Sacrifice

Once upon a time, two gods stepped into the world of man.

These two beings, lords of all creation, walked slow beneath the forests under the mountains. The younger told the elder of all the things that she created: the plants and animals, the seas and wondrous spanning sky. With great glee she drew his gaze towards all the many creatures of the world, elated in how they changed and transformed and grew. 

The elder brother saw these things and believed that they were good. Eventually, his gaze fell on mankind.

What joyful creatures, man! How they dazzled and delighted. The elder god swelled with affection: he asked twelve hundred questions, and the goddess answered each and all. As they traveled together through the wide world, excitement bubbled between them. For the younger, joy that in her brother’s eyes she had fostered something good. For the elder, awe at the marvels that manifested, and curiosity at how they came to be. 

So the years went by.

Thrilled by mankind’s tendencies, the elder brother asked if he might live upon the earth. The sister acquiesced, so glad to have made something good. Together they walked upon the soil and lived for many hundreds of years. Together, they watched over mankind.

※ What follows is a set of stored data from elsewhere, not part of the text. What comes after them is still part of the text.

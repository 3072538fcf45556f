-- ===== src/FileManager/Panels.antt =====
-- The indices of a panel: the selected file is one of the files, and one of those that are drawn.
use eltex_lessons.Base.{
  ℕ, zero, suc, ◌+◌, ◌≤◌, ◌<◌, ◌≡◌, refl, Option, none, some, List, [], ◌∷◌, arith, ◌==◌, length,
  get_elem?, Bool-cases, inl, inr, ◌⊎◌,
}
use eltex_lessons.Base.Int.{ℤ, pos, ◌+ℤ◌, ◌-ℤ◌, +ℤ_parts, -ℤ_parts, ◌≤ℤ◌, ◌<ℤ◌}
use eltex_lessons.Text.{Bytes}
use eltex_lessons.FileManager.{
  max_file, Panel, World, scan_loop, scan_directory, clamp_selected, scroll_to, move_selection,
}

-- The selected index is in range, and in the window of eighteen lines that starts at `top`. In an
-- empty panel both are 0.
abbrev pub IsWindow : ℕ → ℤ → ℤ → Type 0
IsWindow count selected top =
    (pos 0 ≤ℤ top)
    × (top ≤ℤ selected)
    × (selected <ℤ top +ℤ pos 18)
    × ((selected <ℤ pos count) ⊎ ((count ≡ 0) × (selected ≡ pos 0) × (top ≡ pos 0)))

pub record IsPanel (p : Panel) : Type 0 where
  pub fits : length p.files ≤ max_file
  pub window : IsWindow (length p.files) p.selected p.top

length-scan_loop :
    (w : World) (path : Bytes) (n : ℕ) (names : List Bytes)
    → n < max_file
    → n + length (scan_loop w path n names) ≤ max_file
unfolding scan_loop
length-scan_loop w path n [] h = omega arith
length-scan_loop w path n (name ∷ names) h =
    ground (arith, length-scan_loop w path n names, length-scan_loop w path (n + 1) names)

pub scan_directory-IsPanel : (w : World) (path : Bytes) → IsPanel (scan_directory w path)
unfolding scan_directory
scan_directory-IsPanel w path = record {
  fits = by_listing (w.readdir path) refl;
  window = ground (arith, +ℤ_parts (pos 0) (pos 18));
}
  where
    by_listing :
        (o : Option (List Bytes))
        → w.readdir path ≡ o
        → length (scan_directory w path).files ≤ max_file
    by_listing none e = rw e (omega arith)
    by_listing (some names) e = rw e (omega (arith, length-scan_loop w path 0 names (omega arith)))

clamp_selected_lem :
    (count : ℕ) (s : ℤ)
    → 0 < count
    → (pos 0 ≤ℤ clamp_selected count s) × (clamp_selected count s <ℤ pos count)
clamp_selected_lem count s h = ground (arith, -ℤ_parts (pos count) (pos 1))

scroll_to_lem :
    (s t : ℤ)
    → pos 0 ≤ℤ s
    → pos 0 ≤ℤ t
    → (pos 0 ≤ℤ scroll_to s t) × (scroll_to s t ≤ℤ s) × (s <ℤ scroll_to s t +ℤ pos 18)
scroll_to_lem s t hs ht = ground (
  arith,
  +ℤ_parts t (pos 18),
  +ℤ_parts s (pos 18),
  -ℤ_parts s (pos 17),
  +ℤ_parts (s -ℤ pos 17) (pos 18),
)

-- `move_selection`, by any number of lines, keeps the panel well formed.
pub move_selection-IsPanel : (delta : ℤ) (p : Panel) → IsPanel p → IsPanel (move_selection delta p)
unfolding move_selection
move_selection-IsPanel delta p v = elim (Bool-cases (length p.files == 0)) [
  | inl empty ↦ rw (empty, move_selection) v
  | inr some_files ↦
      let s = clamp_selected (length p.files) (p.selected +ℤ delta) in
      let inside = clamp_selected_lem (length p.files) (p.selected +ℤ delta) (ground arith) in
      let scrolled = scroll_to_lem s p.top inside.0 v.window.0 in
      rw (some_files, move_selection)
        (record { fits = v.fits; window = (scrolled.0, scrolled.1, scrolled.2, inl inside.1) })
]

pub get_elem-lt {ℓ} :
    {A : Type ℓ} (xs : List A) (n : ℕ) → n < length xs → (x : A) × (get_elem? xs n ≡ some x)
get_elem-lt [] n h = absurd (omega arith)
get_elem-lt (x ∷ xs) zero h = (x, refl)
get_elem-lt (x ∷ xs) (suc n) h = get_elem-lt xs n (omega arith)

But wonder rarely lasts forever. Familiarity yields to mundanity: mundanity to disinterest. Disinterest soon falls to disgust.

Oh, how easy to ignore flaws from things fresh and unfamiliar: how swiftly imperfections reveal themselves once novelty has run its course. The elder god began to see strange tendencies in man: tendencies perhaps, he thought, he was not quite so fond of.

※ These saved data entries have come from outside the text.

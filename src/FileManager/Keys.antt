-- ===== src/FileManager/Keys.antt =====
-- What is drawn, and runs of the keys.
use eltex_lessons.Base.{
  ℕ, zero, suc, ◌+◌, ◌-◌, ◌≤◌, ◌<◌, ◌≡◌, refl, ◌∙◌, ap, sym, Bool, true, false, Option, none, some,
  List, [], ◌∷◌, arith, ◌==◌, length, get_elem?, take, drop, if◌then◌else◌, Bool-cases, inl, inr,
}
use eltex_lessons.Base.Int.{ℤ, pos, negsuc, ◌+ℤ◌, ◌-ℤ◌, +ℤ_parts, -ℤ_parts, eq_of_parts, eq_ℤ}
use eltex_lessons.Text.{Bytes}
use eltex_lessons.FileManager.{
  FileEntry, Panel, World, selected_file, change_directory, scan_directory, Row, draw_rows, header,
  draw_panel, move_selection, new_path, Key, key_up, key_down, key_tab, key_enter, key_quit,
  other_key, Screen, change_active, press, first_screen, key_loop,
}
use eltex_lessons.FileManager.Panels.{
  IsPanel, scan_directory-IsPanel, move_selection-IsPanel, get_elem-lt,
}

abbrev pub highlighted_rows : List Row → List Row
highlighted_rows [] = []
highlighted_rows (r ∷ rs) = if r.highlighted then r ∷ highlighted_rows rs else highlighted_rows rs

abbrev pub marked_row : ℕ → FileEntry → Row
marked_row i f = record {
  line = i;
  marked = f.is_dir;
  highlighted = true;
  short_name = take 28 f.name;
}

module _ (p : Panel) (s t : ℕ) (es : p.selected ≡ pos s) (et : p.top ≡ pos t) where
  at_line : (i : ℕ) → eq_ℤ (pos i +ℤ p.top) p.selected ≡ (i + t == s)
  at_line i = rw (es, et) (ground (arith, +ℤ_parts (pos i) (pos t)))

  rows_below :
      (n i : ℕ) (fs : List FileEntry) → s < i + t → highlighted_rows (draw_rows n i true p fs) ≡ []
  unfolding draw_rows
  rows_below zero i fs h = refl
  rows_below (suc n) i [] h = refl
  rows_below (suc n) i (f ∷ fs) h = ground (arith, at_line i, rows_below n (i + 1) fs)

  rows_from :
      (n i k : ℕ) (fs : List FileEntry) (f : FileEntry)
      → i + t + k ≡ s
      → k < n
      → get_elem? fs k ≡ some f
      → highlighted_rows (draw_rows n i true p fs) ≡ marked_row (i + k + 1) f ∷ []
  unfolding draw_rows
  rows_from zero i k fs f e h got = absurd (omega arith)
  rows_from (suc n) i k [] f e h got = cc
  rows_from (suc n) i zero (g ∷ fs) f e h got =
      let here : (i + t == s) ≡ true = ground arith in
      let same : g ≡ f = cc in
      let line : i + 1 ≡ i + 0 + 1 = omega arith in
      rw (at_line i, here, rows_below n (i + 1) fs (omega arith), same)
        (ap (λ j. marked_row j f ∷ []) line)
  rows_from (suc n) i (suc k) (g ∷ fs) f e h got =
      let above : (i + t == s) ≡ false = ground arith in
      rw (at_line i, above)
        (rows_from n (i + 1) k fs f (omega arith) (omega arith) got
          ∙ ap (λ j. marked_row j f ∷ []) (omega arith))

get_elem-drop : (t k : ℕ) (fs : List FileEntry) → get_elem? (drop t fs) k ≡ get_elem? fs (t + k)
get_elem-drop zero k fs = ap (λ j. get_elem? fs j) (omega arith)
get_elem-drop (suc t) k [] = refl
get_elem-drop (suc t) k (f ∷ fs) =
    let step : suc t + k ≡ suc (t + k) = omega arith in rw step (get_elem-drop t k fs)

-- The parts of a panel whose window is in order.
abbrev Indices : Panel → Type 0
Indices p = (s : ℕ) × (t : ℕ) × (p.selected ≡ pos s) × (p.top ≡ pos t) × (t ≤ s) × (s < t + 18)

indices : (p : Panel) → IsPanel p → Indices p
indices p v = by_parts p.selected p.top refl refl
  where
    by_parts : (s t : ℤ) → p.selected ≡ s → p.top ≡ t → Indices p
    by_parts (pos s) (pos t) es et =
        let w = rw (es, et) at v.window in
        (s, t, es, et, omega (arith, w.1), omega (arith, w.2, +ℤ_parts (pos t) (pos 18)))
    by_parts (negsuc s) (pos t) es et =
        absurd (let w = rw (es, et) at v.window in omega (arith, w.1))
    by_parts s (negsuc t) es et = absurd (let w = rw et at v.window in omega (arith, w.0))

drawn_from : Bool → Panel → ℤ → Option (Bytes × List Row)
drawn_from active p (pos t) = some (header p.current_path, draw_rows 18 0 active p (drop t p.files))
drawn_from active p (negsuc t) = none

drawn_from-draw_panel :
    (active : Bool) (p : Panel) (o : ℤ) → p.top ≡ o → draw_panel active p ≡ drawn_from active p o
unfolding draw_panel drawn_from
drawn_from-draw_panel active p o e = by_top p.top o e
  where
    by_top :
        (a b : ℤ)
        → a ≡ b
        → elim a as (λ _. Option (Bytes × List Row)) [
          | pos t ↦ some (header p.current_path, draw_rows 18 0 active p (drop t p.files))
          | negsuc t ↦ none
        ]
          ≡ drawn_from active p b
    by_top (pos a) b e = rw (sym e) refl
    by_top (negsuc a) b e = rw (sym e) refl

line_number : (s t : ℕ) → t ≤ s → pos (0 + (s - t) + 1) ≡ pos s -ℤ pos t +ℤ pos 1
line_number s t h =
    eq_of_parts (pos (0 + (s - t) + 1)) (pos s -ℤ pos t +ℤ pos 1)
      (omega (arith, -ℤ_parts (pos s) (pos t), +ℤ_parts (pos s -ℤ pos t) (pos 1)))

-- Drawing the active panel of a well-formed panel with a file: it is defined, and exactly one line
-- is highlighted, the one of the selected file.
pub draw_panel_selected :
    (p : Panel) (f : FileEntry)
    → IsPanel p
    → selected_file p ≡ some f
    → (rows : List Row) × (n : ℕ) × (draw_panel true p ≡ some (header p.current_path, rows))
      × (highlighted_rows rows ≡ marked_row n f ∷ [])
      × (pos n ≡ p.selected -ℤ p.top +ℤ pos 1)
unfolding selected_file
draw_panel_selected p f v got =
    let (s, t, es, et, low, high) = indices p v in
    let at : get_elem? p.files s ≡ some f = rw es at got in
    let k = s - t in
    let back : t + k ≡ s = omega arith in
    (
      draw_rows 18 0 true p (drop t p.files),
      0 + k + 1,
      drawn_from-draw_panel true p (pos t) et ∙ unfold drawn_from in refl,
      rows_from p s t es et 18 0 k (drop t p.files) f (omega arith) (omega arith)
          (get_elem-drop t k p.files ∙ rw back at),
      line_number s t low
          ∙ ap (λ a. a -ℤ pos t +ℤ pos 1) (sym es)
          ∙ ap (λ b. p.selected -ℤ b +ℤ pos 1) (sym et),
    )

selected_in_range :
    (p : Panel)
    → IsPanel p
    → (length p.files == 0) ≡ false
    → (f : FileEntry) × (selected_file p ≡ some f)
unfolding selected_file
selected_in_range p v some_files =
    let (s, t, es, et, low, high) = indices p v in
    let w = rw (es, et) at v.window in
    let size : s < length p.files = ground (arith, w.3) in
    let (f, at) = get_elem-lt p.files s size in (f, rw es at)

-- `change_directory` reads inside of the array, and leaves a well-formed panel.
change_directory-IsPanel :
    (w : World) (p : Panel) → IsPanel p → (q : Panel) × (change_directory w p ≡ some q) × IsPanel q
unfolding change_directory
change_directory-IsPanel w p v = elim (Bool-cases (length p.files == 0)) [
  | inl empty ↦ (p, rw empty, v)
  | inr some_files ↦
      let (f, e) = selected_in_range p v some_files in
      elim (Bool-cases f.is_dir) [
        | inl dir ↦ (
          scan_directory w (new_path p.current_path f.name),
          rw (some_files, change_directory) (rw e (rw dir)),
          scan_directory-IsPanel w (new_path p.current_path f.name),
        )
        | inr file ↦ (p, rw (some_files, change_directory) (rw e (rw file)), v)
      ]
]

pub record IsScreen (s : Screen) : Type 0 where
  pub left : IsPanel s.left_panel
  pub right : IsPanel s.right_panel

change_active-IsScreen :
    (f : Panel → Option Panel) (s : Screen)
    → IsScreen s
    → ((p : Panel) → IsPanel p → (q : Panel) × (f p ≡ some q) × IsPanel q)
    → (t : Screen) × (change_active f s ≡ some t) × IsScreen t
change_active-IsScreen f s v keep = elim (Bool-cases (s.active_panel == 0)) [
  | inl left ↦
      let (q, e, w) = keep s.left_panel v.left in
      (record s { left_panel = q }, rw (left, e), record { left = w; right = v.right })
  | inr right ↦
      let (q, e, w) = keep s.right_panel v.right in
      (record s { right_panel = q }, rw (right, e), record { left = v.left; right = w })
]

press-IsScreen :
    (w : World) (k : Key) (s : Screen)
    → IsScreen s
    → (t : Screen) × (more : Bool) × (press w k s ≡ some (t, more)) × IsScreen t
unfolding press
press-IsScreen w key_up s v =
    let (t, e, u) =
      change_active-IsScreen (λ p. some (move_selection (negsuc 0) p)) s v
        (λ p i. (move_selection (negsuc 0) p, refl, move_selection-IsPanel (negsuc 0) p i)) in
    (t, true, rw (e, press), u)
press-IsScreen w key_down s v =
    let (t, e, u) =
      change_active-IsScreen (λ p. some (move_selection (pos 1) p)) s v
        (λ p i. (move_selection (pos 1) p, refl, move_selection-IsPanel (pos 1) p i)) in
    (t, true, rw (e, press), u)
press-IsScreen w key_tab s v = (_, true, refl, record { left = v.left; right = v.right })
press-IsScreen w key_enter s v =
    let (t, e, u) = change_active-IsScreen (change_directory w) s v (change_directory-IsPanel w) in
    (t, true, rw (e, press), u)
press-IsScreen w key_quit s v = (s, false, refl, v)
press-IsScreen w other_key s v = (s, true, refl, v)

draw_panel_defined :
    (active : Bool) (p : Panel)
    → IsPanel p
    → (d : Bytes × List Row) × (draw_panel active p ≡ some d)
draw_panel_defined active p v =
    let (s, t, es, et, low, high) = indices p v in
    (
      (header p.current_path, draw_rows 18 0 active p (drop t p.files)),
      drawn_from-draw_panel active p (pos t) et ∙ unfold drawn_from in refl,
    )

loop-IsScreen :
    (w : World) (ks : List Key) (s : Screen)
    → IsScreen s
    → (t : Screen) × (key_loop w ks s ≡ some t) × IsScreen t
unfolding key_loop
loop-IsScreen w [] s v = (s, refl, v)
loop-IsScreen w (k ∷ ks) s v =
    let (l, el) = draw_panel_defined (s.active_panel == 0) s.left_panel v.left in
    let (r, er) = draw_panel_defined (s.active_panel == 1) s.right_panel v.right in
    let (t, more, e, u) = press-IsScreen w k s v in
    let (z, ez, uz) = loop-IsScreen w ks t u in
    elim (Bool-cases more) [
      | inl on ↦ (z, rw (el, key_loop) (rw er (rw e (rw on ez))), uz)
      | inr off ↦ (t, rw (el, key_loop) (rw er (rw e (rw off))), u)
    ]

-- The file manager, started in any directory and given any keys, whatever the system says of the
-- directories: no read is outside of the array of files, at most 100 of which are listed, and each
-- panel keeps its selected file in range and among the eighteen lines that are drawn.
pub key_loop_lem :
    (w : World) (cwd : Bytes) (ks : List Key)
    → (s : Screen) × (key_loop w ks (first_screen w cwd) ≡ some s) × IsScreen s
unfolding first_screen
key_loop_lem w cwd ks =
    loop-IsScreen w ks (first_screen w cwd)
      (record { left = scan_directory-IsPanel w cwd; right = scan_directory-IsPanel w cwd })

Unrest. Unfairness. Suffering. Pain.

Death.

Distraught by these sad things, the elder brother came to his younger sister to ask why their lives so were.

So the younger sister regaled him with a story: her story–a tale of hardships, of traversing heavens and stars. She spoke of beginnings and of ends. She spoke of loss and of the joy of new life. She spoke of victories and failures, of the beauty found in fleeting things, and of suffering: its ever presence, and how once she had tried to prevent it, to flee from it. But always tragedy found its way to her side, and so she chose to embrace it: to accept it as her constant companion, and to strive nevertheless to reach for love and light.

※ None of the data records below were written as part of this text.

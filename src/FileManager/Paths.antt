-- ===== src/FileManager/Paths.antt =====
-- Entering a directory and going back up.
use eltex_lessons.Base.{
  take-append, take_all, ◌+◌, ◌-◌, ◌<◌, ◌≡◌, ◌≢◌, refl, ◌∙◌, ap, sym, true, false, none, some, List,
  [], ◌∷◌, ◌++◌, arith, ◌==◌, length, length-append,
}
use eltex_lessons.Base.Int.{ℤ, pos, negsuc}
use eltex_lessons.Text.{Bytes, codes, Without, same_text}
use eltex_lessons.FileManager.{
  max_path, FileEntry, Panel, World, join_path, scan_directory, last_slash, parent_path,
  selected_file, new_path, change_directory,
}

last_slash-none : (s : Bytes) → Without b'/' s → last_slash s ≡ none
unfolding last_slash
last_slash-none [] h = refl
last_slash-none (c ∷ s) h = rw (last_slash-none s h.1, h.0)

last_slash-join :
    (path name : Bytes) → Without b'/' name → last_slash (path ++ b'/' ∷ name) ≡ some (length path)
unfolding last_slash
last_slash-join [] name h = rw (last_slash-none name h)
last_slash-join (c ∷ path) name h = rw (last_slash-join path name h)

-- A path that fits is not cut.
join_path_whole :
    (path name : Bytes)
    → length path + length name < max_path - 1
    → join_path path name ≡ path ++ b'/' ∷ name
join_path_whole path name fits =
    take_all 1023 (path ++ b'/' ∷ name) (omega (arith, length-append path (b'/' ∷ name)))

-- The path above a directory that was entered, the root included, is the path it was entered from.
parent_path-join :
    (path name : Bytes)
    → path ≢ []
    → Without b'/' name
    → length path + length name < max_path - 1
    → parent_path (join_path path name) ≡ path
unfolding parent_path
parent_path-join [] name ne h fits = absurd (ne refl)
parent_path-join (c ∷ path) name ne h fits =
    let whole = join_path_whole (c ∷ path) name fits in
    let inner : (length (c ∷ path) == 0) ≡ false = ground arith in
    ap parent_path whole
    ∙ rw (last_slash-join (c ∷ path) name h, parent_path)
        (rw inner (take-append (c ∷ path) (b'/' ∷ name)))

new_path_below :
    (path name : Bytes)
    → same_text name (codes "..") ≡ false
    → new_path path name ≡ join_path path name
new_path_below path name e = rw e refl

some_eq {ℓ} : {A : Type ℓ} {x y : A} → some x ≡ some y → x ≡ y
some_eq e = cc

not_empty : (p : Panel) (f : FileEntry) → selected_file p ≡ some f → (length p.files == 0) ≡ false
unfolding selected_file
not_empty p f e = by_files p.files p.selected refl refl
  where
    by_files :
        (fs : List FileEntry) (s : ℤ)
        → p.files ≡ fs
        → p.selected ≡ s
        → (length p.files == 0) ≡ false
    by_files [] (pos n) ef es = let stuck = rw (es, ef) at e in cc
    by_files [] (negsuc n) ef es = let stuck = rw es at e in cc
    by_files (g ∷ fs) s ef es = rw ef (ground arith)

change_directory_dir :
    (w : World) (p : Panel) (f : FileEntry)
    → selected_file p ≡ some f
    → f.is_dir ≡ true
    → change_directory w p ≡ some (scan_directory w (new_path p.current_path f.name))
unfolding change_directory
change_directory_dir w p f e dir = rw (not_empty p f e, change_directory) (rw e (rw dir))

-- From a panel with a directory selected, whose name is not ".." and has no slash and whose path
-- fits, Enter leads to the panel that `scan_directory` makes of the path, a slash and that name,
-- which is its path. When the entry ".." of a panel `r` with that path is selected, Enter leads back
-- to a panel of the path of the first panel, the root included.
pub change_directory_back :
    (w : World) (p q r : Panel) (f up : FileEntry)
    → selected_file p ≡ some f
    → f.is_dir ≡ true
    → same_text f.name (codes "..") ≡ false
    → Without b'/' f.name
    → p.current_path ≢ []
    → length p.current_path + length f.name < max_path - 1
    → change_directory w p ≡ some q
    → r.current_path ≡ q.current_path
    → selected_file r ≡ some up
    → up.is_dir ≡ true
    → same_text up.name (codes "..") ≡ true
    → (q ≡ scan_directory w (p.current_path ++ b'/' ∷ f.name))
      × (q.current_path ≡ p.current_path ++ b'/' ∷ f.name)
      × (z : Panel) × (change_directory w r ≡ some z)
      × (z ≡ scan_directory w p.current_path)
      × (z.current_path ≡ p.current_path)
unfolding scan_directory
change_directory_back w p q r f up e dir name clean ne fits went same eu dir' name' =
    let entered : scan_directory w (new_path p.current_path f.name) ≡ q =
      some_eq (sym (change_directory_dir w p f e dir) ∙ went) in
    let here : r.current_path ≡ join_path p.current_path f.name =
      same ∙ ap (λ (x : Panel). x.current_path) (sym entered) ∙ rw name refl in
    let whole = join_path_whole p.current_path f.name fits in
    let below : q ≡ scan_directory w (p.current_path ++ b'/' ∷ f.name) =
      sym entered ∙ ap (scan_directory w) (new_path_below p.current_path f.name name ∙ whole) in
    let above : new_path r.current_path up.name ≡ p.current_path =
      rw (name', here) (parent_path-join p.current_path f.name ne clean fits) in
    (
      below,
      ap (λ (x : Panel). x.current_path) below,
      scan_directory w (new_path r.current_path up.name),
      change_directory_dir w r up eu dir',
      ap (scan_directory w) above,
      above,
    )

With such a choice she created this beautiful world, in all its joy and sorrow: that her children might experience what it truly means to live.

The elder tried his best to understand. He listened faithfully, attentively, to all his sister’s stories—to her perspective. Her belief. Yet unable to grasp it, the Firstborn grew bitter and distant. And when Chaos came to his doorstep, he did not see a companion to walk beside, but an enemy to destroy. When tragedy came, he could not accept it.

So he waged war on Chaos: on change. He began a quest to eliminate the sorrows of the world—to cage them, bind them, and eradicate them. To master them, that they might never do harm again. 

Long he marched, bringing order in his footsteps. Many men rallied to his cause. With his sword he smote ruin upon monsters. With his word he brought rule to many lands. But no weapon could banish his enemy eternal: no magic stopped the serpent from rearing its head.

So again he confronted his sister, begged her help to banish sorrow. Instead, she pleaded with him to stop his war: begged him to accept that tragedy would be and ever had been. Yet nothing convinced him. Nothing steered him from thoughts of eternal stillness—eternal peace.

Thus the elder god made life itself his enemy and sought to bring about its end.

Against this tragedy, the younger sister rallied. She pushed back against her heartbreak and called out to her brother: if she released him from this place, would he abandon his awful path? Might he seek his peace elsewhere, and leave mankind to seek theirs here?

He refused. The men who followed him refused. The enemies of life could not be swayed.

So the younger was forced to act.

With all other paths tread, all remaining strength spent, the goddess offered a final rite. She sacrificed her form and bound her brother to the soil, gave her life to imprison him there. In so doing, she birthed a world of disease, war, and strife: a world wrought with tragedy and sorrow. Yet a world where hope remained for any with resolve to seek it.

Thus the younger imprisoned the older, and let herself fade into the abyss.

But the elder was undeterred; thus began his great work to throw open the Door to Darkness.